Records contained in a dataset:
=-=-=-=-=

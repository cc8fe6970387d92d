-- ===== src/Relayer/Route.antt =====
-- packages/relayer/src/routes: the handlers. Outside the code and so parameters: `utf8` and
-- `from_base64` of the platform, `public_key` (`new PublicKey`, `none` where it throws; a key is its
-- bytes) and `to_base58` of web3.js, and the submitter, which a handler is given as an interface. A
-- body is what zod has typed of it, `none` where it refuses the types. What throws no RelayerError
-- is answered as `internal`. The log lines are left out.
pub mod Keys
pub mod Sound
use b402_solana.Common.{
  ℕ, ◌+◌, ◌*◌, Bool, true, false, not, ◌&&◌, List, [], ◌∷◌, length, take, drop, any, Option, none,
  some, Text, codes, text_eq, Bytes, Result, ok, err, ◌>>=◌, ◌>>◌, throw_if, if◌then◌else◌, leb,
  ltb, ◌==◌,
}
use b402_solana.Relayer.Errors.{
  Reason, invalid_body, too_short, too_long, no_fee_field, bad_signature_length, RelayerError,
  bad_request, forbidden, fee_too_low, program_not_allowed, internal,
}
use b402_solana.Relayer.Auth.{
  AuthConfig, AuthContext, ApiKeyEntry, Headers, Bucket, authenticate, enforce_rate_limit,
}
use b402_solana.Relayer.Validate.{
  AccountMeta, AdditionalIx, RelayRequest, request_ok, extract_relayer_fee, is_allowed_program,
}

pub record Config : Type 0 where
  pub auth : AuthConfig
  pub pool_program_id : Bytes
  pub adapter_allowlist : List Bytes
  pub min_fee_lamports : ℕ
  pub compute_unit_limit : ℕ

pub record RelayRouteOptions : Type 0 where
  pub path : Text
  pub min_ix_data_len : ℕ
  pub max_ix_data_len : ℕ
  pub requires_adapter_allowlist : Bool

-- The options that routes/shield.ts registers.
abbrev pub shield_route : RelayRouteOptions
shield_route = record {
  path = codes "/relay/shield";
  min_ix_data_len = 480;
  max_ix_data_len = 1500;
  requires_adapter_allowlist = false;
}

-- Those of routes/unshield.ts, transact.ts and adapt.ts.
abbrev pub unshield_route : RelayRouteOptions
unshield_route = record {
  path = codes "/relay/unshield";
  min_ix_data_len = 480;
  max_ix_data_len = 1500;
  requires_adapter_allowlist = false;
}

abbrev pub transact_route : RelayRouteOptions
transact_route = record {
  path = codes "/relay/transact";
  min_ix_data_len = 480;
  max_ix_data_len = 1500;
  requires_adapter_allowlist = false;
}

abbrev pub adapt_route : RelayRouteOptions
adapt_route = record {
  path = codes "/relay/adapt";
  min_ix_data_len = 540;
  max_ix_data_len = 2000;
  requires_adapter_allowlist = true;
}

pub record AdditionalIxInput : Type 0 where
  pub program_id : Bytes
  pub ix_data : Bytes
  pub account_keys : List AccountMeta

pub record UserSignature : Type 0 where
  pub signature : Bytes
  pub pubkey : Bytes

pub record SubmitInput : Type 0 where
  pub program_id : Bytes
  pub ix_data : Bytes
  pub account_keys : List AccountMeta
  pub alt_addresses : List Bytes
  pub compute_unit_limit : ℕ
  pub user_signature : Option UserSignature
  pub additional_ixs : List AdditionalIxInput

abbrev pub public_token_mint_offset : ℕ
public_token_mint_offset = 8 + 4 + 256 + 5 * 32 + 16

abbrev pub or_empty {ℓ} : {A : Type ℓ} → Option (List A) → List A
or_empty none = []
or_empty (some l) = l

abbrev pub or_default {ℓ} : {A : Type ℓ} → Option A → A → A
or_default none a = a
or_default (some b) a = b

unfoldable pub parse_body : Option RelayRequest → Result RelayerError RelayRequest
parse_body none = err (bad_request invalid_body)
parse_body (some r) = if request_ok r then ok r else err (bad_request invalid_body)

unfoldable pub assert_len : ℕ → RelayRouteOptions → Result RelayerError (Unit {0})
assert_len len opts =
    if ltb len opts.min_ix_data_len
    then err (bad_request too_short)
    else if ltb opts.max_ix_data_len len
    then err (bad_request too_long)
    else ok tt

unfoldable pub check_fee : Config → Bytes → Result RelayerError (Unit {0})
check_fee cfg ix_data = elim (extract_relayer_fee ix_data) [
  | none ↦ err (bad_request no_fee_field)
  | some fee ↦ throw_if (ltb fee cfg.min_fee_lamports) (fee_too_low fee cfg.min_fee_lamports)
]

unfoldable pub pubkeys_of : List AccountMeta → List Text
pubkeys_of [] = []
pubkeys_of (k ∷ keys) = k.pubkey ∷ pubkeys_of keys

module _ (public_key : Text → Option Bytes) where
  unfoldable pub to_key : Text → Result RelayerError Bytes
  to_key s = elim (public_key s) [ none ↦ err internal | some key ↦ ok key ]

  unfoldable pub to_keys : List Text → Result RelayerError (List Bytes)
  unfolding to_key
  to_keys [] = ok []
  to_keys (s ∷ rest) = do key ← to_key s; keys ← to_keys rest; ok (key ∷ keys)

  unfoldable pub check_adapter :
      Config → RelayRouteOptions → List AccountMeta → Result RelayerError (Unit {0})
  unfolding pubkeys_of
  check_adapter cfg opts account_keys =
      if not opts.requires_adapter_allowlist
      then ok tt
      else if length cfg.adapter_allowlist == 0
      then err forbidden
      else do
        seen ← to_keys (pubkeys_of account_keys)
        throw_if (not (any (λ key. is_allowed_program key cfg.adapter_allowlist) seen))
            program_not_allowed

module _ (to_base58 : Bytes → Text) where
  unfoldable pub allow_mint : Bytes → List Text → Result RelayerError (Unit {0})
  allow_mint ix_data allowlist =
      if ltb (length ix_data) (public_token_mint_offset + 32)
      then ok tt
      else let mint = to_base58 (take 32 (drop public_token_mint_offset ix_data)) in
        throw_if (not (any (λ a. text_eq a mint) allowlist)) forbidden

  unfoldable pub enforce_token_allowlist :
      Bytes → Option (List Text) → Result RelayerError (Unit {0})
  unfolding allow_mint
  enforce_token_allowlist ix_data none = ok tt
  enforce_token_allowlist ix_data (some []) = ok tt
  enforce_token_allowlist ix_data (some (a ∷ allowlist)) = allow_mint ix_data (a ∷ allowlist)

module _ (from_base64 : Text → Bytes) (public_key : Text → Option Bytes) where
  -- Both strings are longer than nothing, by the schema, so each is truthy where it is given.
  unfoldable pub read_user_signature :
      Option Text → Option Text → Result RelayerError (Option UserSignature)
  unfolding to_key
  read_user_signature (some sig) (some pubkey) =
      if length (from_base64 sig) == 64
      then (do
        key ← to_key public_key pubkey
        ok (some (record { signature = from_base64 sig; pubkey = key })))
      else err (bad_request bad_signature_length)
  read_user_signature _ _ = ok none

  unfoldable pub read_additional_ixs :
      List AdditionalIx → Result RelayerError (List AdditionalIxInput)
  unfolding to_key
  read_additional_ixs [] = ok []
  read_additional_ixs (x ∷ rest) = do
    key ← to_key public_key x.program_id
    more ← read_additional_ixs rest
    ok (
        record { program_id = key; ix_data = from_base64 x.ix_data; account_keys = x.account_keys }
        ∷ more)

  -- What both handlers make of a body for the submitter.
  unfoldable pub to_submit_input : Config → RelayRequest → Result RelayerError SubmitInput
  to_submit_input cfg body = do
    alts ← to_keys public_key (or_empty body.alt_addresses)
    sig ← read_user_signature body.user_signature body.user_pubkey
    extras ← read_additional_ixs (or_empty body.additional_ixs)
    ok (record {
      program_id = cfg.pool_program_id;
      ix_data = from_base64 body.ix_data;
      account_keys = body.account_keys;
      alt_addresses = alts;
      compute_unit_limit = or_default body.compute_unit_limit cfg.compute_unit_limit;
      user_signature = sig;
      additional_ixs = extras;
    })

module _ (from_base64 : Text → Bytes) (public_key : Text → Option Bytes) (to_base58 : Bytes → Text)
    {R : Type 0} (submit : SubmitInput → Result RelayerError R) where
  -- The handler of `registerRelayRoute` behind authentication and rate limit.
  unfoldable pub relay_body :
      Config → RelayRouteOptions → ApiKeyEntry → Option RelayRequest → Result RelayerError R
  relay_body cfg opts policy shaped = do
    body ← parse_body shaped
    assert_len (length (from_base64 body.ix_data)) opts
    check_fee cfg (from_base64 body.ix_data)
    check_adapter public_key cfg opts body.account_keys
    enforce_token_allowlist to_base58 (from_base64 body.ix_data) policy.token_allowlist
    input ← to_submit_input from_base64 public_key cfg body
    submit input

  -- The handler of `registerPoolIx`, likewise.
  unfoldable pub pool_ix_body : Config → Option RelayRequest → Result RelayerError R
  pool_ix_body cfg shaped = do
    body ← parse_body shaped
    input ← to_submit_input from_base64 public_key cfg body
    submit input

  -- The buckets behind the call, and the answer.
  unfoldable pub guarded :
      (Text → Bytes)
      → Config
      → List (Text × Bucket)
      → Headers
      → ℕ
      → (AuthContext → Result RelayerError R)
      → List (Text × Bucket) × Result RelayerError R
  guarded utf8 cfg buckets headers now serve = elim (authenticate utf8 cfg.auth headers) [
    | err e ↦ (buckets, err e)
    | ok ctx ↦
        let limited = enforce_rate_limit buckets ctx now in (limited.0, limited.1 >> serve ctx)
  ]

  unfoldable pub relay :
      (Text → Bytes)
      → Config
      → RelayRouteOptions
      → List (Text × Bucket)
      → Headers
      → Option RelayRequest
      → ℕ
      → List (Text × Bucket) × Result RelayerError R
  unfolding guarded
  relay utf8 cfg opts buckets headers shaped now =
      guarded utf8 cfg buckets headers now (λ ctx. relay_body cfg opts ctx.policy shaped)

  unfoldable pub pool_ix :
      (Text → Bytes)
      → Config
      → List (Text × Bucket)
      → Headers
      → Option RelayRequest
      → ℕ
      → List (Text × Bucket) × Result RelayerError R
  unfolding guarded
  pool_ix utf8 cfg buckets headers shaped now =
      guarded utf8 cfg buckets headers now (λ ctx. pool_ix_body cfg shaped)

=-=-=-=-=

* _PROMPT_
From the line holding "pub additional_ixs : List AdditionalIxInput" to the line holding "parse_body (some r)", inclusive, restate each line above exactly as written.

* _PROBLEM SOLUTION_
  pub additional_ixs : List AdditionalIxInput

abbrev pub public_token_mint_offset : ℕ
public_token_mint_offset = 8 + 4 + 256 + 5 * 32 + 16

abbrev pub or_empty {ℓ} : {A : Type ℓ} → Option (List A) → List A
or_empty none = []
or_empty (some l) = l

abbrev pub or_default {ℓ} : {A : Type ℓ} → Option A → A → A
or_default none a = a
or_default (some b) a = b

unfoldable pub parse_body : Option RelayRequest → Result RelayerError RelayRequest
parse_body none = err (bad_request invalid_body)
parse_body (some r) = if request_ok r then ok r else err (bad_request invalid_body)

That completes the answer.